Task: Among the entries below, one stretch runs from the line that contains "(λ s. push_word s.ecx s)" through the line that contains "push_word loop". Repeat that stretch exactly, ends included, and only that.

:: Input

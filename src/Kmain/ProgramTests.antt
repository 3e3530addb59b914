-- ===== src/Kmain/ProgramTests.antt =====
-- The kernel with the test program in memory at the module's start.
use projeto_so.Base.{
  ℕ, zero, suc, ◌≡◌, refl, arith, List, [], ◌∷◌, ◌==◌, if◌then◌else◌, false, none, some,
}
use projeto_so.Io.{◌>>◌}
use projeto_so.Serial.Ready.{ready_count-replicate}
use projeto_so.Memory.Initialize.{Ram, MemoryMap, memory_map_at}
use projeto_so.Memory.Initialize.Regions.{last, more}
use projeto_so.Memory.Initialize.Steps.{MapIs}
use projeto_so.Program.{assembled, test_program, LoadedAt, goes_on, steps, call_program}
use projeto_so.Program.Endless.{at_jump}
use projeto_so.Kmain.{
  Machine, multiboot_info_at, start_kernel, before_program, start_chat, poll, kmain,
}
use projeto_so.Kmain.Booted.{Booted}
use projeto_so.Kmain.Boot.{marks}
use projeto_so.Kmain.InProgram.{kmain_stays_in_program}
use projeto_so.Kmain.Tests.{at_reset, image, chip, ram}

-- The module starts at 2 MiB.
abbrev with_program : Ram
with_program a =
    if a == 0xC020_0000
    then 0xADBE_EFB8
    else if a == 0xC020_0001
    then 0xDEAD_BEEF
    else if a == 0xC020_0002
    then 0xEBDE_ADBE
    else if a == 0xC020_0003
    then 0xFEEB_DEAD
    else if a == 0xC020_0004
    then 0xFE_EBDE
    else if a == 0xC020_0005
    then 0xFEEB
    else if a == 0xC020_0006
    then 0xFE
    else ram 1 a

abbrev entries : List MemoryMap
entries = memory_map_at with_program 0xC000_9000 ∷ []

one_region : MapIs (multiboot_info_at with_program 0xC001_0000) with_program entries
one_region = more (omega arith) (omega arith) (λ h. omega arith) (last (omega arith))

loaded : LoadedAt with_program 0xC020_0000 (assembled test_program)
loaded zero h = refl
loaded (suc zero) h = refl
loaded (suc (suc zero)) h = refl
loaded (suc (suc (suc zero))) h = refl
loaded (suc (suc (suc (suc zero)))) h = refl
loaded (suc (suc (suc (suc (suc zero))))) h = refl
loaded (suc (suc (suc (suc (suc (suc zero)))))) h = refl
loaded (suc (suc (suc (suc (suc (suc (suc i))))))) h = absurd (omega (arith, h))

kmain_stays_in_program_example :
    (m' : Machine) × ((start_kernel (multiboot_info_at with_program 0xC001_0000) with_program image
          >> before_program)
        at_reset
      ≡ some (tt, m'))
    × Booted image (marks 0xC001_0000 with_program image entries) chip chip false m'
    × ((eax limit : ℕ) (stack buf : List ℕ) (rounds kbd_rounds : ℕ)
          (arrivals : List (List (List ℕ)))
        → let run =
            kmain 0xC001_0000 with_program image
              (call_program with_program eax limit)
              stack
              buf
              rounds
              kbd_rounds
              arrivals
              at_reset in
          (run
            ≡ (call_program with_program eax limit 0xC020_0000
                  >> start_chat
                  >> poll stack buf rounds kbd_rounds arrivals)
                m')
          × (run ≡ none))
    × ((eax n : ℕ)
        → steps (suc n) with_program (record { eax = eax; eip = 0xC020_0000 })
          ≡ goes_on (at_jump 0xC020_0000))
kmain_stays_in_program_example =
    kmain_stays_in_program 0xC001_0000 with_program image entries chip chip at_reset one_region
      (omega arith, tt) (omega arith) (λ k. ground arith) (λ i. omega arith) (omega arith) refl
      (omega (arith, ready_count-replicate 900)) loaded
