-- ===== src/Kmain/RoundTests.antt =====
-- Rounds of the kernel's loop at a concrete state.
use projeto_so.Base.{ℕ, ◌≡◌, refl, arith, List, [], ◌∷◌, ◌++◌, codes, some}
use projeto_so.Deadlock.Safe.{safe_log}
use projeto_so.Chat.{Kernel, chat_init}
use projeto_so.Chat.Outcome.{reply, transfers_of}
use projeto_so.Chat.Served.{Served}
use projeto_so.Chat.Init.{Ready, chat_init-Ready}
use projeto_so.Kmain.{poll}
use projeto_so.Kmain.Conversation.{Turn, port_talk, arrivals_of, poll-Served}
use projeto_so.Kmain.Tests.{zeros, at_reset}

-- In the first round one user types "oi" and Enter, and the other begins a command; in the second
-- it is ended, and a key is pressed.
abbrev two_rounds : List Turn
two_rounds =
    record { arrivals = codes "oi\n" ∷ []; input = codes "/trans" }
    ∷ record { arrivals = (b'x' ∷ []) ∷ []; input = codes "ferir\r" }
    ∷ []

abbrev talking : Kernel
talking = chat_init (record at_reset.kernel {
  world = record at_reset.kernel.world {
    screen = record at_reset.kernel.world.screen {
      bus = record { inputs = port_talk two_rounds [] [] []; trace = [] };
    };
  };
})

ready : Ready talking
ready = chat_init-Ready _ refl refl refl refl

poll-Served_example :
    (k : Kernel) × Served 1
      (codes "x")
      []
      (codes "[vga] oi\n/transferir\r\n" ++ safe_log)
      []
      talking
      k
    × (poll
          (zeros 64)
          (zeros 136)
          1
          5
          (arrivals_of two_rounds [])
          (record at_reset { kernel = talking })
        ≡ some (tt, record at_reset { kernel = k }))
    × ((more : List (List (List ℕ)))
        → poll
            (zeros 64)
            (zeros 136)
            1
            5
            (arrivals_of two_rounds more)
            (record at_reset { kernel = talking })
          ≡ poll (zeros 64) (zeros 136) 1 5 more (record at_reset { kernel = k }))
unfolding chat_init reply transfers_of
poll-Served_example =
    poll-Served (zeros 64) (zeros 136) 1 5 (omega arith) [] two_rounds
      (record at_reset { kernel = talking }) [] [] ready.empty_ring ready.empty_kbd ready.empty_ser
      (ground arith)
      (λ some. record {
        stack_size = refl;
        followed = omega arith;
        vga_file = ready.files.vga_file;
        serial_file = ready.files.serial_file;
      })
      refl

::::
:: Input

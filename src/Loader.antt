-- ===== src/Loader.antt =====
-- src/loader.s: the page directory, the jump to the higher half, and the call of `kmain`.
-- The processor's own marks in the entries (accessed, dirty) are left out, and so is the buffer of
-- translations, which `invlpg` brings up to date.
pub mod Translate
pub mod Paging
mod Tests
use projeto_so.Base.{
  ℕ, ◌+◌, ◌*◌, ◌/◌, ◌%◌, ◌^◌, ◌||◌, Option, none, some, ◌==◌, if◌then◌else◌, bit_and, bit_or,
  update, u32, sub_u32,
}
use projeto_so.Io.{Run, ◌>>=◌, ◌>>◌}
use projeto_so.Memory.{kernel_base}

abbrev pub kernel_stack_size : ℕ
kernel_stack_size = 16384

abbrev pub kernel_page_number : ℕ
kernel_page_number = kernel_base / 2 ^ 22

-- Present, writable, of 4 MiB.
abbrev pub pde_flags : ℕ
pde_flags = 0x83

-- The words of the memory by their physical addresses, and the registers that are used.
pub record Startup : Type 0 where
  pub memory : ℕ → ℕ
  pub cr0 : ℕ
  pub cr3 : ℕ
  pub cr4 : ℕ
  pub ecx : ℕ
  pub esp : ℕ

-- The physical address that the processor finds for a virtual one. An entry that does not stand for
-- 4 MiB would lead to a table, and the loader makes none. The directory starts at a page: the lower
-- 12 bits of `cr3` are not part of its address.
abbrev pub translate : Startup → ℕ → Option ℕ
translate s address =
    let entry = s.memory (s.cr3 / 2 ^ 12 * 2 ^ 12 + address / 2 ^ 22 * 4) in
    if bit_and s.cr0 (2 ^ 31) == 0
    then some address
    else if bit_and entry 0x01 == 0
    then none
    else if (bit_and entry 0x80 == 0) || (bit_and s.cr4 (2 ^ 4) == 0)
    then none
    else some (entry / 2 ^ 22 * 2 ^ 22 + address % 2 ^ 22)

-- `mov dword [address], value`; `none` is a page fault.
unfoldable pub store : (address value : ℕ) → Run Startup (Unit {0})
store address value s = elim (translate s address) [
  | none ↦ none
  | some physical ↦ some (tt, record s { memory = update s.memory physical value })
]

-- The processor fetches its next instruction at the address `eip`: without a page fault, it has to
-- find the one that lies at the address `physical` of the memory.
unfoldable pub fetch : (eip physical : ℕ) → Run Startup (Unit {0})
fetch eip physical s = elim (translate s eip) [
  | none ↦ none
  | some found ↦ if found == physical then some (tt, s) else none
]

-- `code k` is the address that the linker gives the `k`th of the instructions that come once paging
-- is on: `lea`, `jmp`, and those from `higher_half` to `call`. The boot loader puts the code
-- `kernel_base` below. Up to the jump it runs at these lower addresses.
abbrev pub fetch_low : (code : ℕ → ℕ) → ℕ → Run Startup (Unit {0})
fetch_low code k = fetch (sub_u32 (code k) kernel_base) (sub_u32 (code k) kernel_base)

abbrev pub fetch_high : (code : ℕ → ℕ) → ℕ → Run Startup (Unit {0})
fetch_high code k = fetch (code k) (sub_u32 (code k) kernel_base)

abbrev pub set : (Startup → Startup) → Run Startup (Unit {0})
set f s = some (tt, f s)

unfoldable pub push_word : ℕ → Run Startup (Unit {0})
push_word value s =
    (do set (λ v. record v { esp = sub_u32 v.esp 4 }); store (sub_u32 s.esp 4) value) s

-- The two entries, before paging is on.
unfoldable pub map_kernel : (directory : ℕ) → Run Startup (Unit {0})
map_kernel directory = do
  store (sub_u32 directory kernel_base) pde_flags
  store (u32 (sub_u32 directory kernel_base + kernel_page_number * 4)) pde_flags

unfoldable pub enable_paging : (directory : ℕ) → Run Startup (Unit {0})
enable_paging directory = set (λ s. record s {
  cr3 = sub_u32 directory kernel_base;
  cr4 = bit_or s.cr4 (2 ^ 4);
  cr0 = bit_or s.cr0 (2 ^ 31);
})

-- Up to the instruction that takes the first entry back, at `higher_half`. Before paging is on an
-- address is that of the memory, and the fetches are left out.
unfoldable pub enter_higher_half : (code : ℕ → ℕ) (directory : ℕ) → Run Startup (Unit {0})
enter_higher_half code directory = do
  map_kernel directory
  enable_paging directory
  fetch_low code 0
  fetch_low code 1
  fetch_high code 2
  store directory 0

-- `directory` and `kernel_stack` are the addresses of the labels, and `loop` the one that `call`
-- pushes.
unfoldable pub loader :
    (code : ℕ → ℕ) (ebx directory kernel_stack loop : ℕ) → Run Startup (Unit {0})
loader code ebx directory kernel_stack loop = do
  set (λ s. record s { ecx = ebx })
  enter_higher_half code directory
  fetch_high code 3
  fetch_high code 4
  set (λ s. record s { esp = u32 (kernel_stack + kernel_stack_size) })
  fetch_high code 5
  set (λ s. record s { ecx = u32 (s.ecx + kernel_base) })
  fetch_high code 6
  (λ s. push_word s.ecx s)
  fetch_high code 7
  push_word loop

::::
:: Input

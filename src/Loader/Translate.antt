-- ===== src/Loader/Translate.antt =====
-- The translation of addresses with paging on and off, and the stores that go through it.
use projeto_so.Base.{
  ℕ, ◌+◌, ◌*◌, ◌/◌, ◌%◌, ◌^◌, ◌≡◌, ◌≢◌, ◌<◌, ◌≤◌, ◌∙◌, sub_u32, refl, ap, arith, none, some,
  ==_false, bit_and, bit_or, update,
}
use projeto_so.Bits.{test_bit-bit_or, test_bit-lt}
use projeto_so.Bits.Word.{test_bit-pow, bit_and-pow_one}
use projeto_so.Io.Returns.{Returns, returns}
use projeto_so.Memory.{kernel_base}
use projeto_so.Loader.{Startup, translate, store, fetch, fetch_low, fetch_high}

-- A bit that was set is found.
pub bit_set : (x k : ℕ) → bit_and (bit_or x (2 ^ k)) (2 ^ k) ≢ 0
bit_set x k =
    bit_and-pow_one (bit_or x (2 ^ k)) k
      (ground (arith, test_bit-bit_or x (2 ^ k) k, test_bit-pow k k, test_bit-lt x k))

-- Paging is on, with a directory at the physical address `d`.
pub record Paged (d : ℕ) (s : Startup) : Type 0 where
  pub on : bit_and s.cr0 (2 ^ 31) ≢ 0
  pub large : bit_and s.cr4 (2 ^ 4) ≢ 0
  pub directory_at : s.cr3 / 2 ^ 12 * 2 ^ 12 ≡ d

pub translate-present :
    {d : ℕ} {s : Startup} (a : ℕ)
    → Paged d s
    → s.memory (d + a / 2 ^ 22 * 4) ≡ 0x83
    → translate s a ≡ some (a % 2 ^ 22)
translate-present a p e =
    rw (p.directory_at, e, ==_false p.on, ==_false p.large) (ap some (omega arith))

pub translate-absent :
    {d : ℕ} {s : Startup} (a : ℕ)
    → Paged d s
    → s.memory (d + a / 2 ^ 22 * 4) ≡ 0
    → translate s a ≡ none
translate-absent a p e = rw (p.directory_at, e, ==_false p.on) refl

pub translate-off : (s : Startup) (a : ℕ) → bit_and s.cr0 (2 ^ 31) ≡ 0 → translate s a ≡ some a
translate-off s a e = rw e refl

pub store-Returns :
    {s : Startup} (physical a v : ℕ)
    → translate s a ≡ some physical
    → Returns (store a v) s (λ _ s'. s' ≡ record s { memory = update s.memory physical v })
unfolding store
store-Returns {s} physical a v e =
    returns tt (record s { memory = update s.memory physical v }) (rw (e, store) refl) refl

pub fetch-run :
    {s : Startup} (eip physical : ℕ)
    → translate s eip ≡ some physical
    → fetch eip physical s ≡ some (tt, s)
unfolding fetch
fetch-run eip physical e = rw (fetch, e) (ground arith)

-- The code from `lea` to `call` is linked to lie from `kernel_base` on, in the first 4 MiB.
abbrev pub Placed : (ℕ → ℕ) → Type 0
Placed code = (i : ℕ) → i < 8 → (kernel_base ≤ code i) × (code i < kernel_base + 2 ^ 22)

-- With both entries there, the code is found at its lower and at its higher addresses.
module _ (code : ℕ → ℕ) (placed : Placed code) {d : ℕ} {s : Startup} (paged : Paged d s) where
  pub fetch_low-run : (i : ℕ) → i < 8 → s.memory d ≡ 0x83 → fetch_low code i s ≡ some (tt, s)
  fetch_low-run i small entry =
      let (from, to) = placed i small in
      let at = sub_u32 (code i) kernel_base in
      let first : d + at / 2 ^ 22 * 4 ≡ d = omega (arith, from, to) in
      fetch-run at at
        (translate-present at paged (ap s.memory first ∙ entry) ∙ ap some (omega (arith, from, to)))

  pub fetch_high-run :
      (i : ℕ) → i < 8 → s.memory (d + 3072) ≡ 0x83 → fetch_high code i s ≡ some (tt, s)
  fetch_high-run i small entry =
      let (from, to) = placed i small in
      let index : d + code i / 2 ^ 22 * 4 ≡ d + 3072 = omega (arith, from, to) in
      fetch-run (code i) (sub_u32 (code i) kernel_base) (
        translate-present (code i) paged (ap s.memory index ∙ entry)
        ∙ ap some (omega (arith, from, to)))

::::

The answer:
  (λ s. push_word s.ecx s)
  fetch_high code 7
  push_word loop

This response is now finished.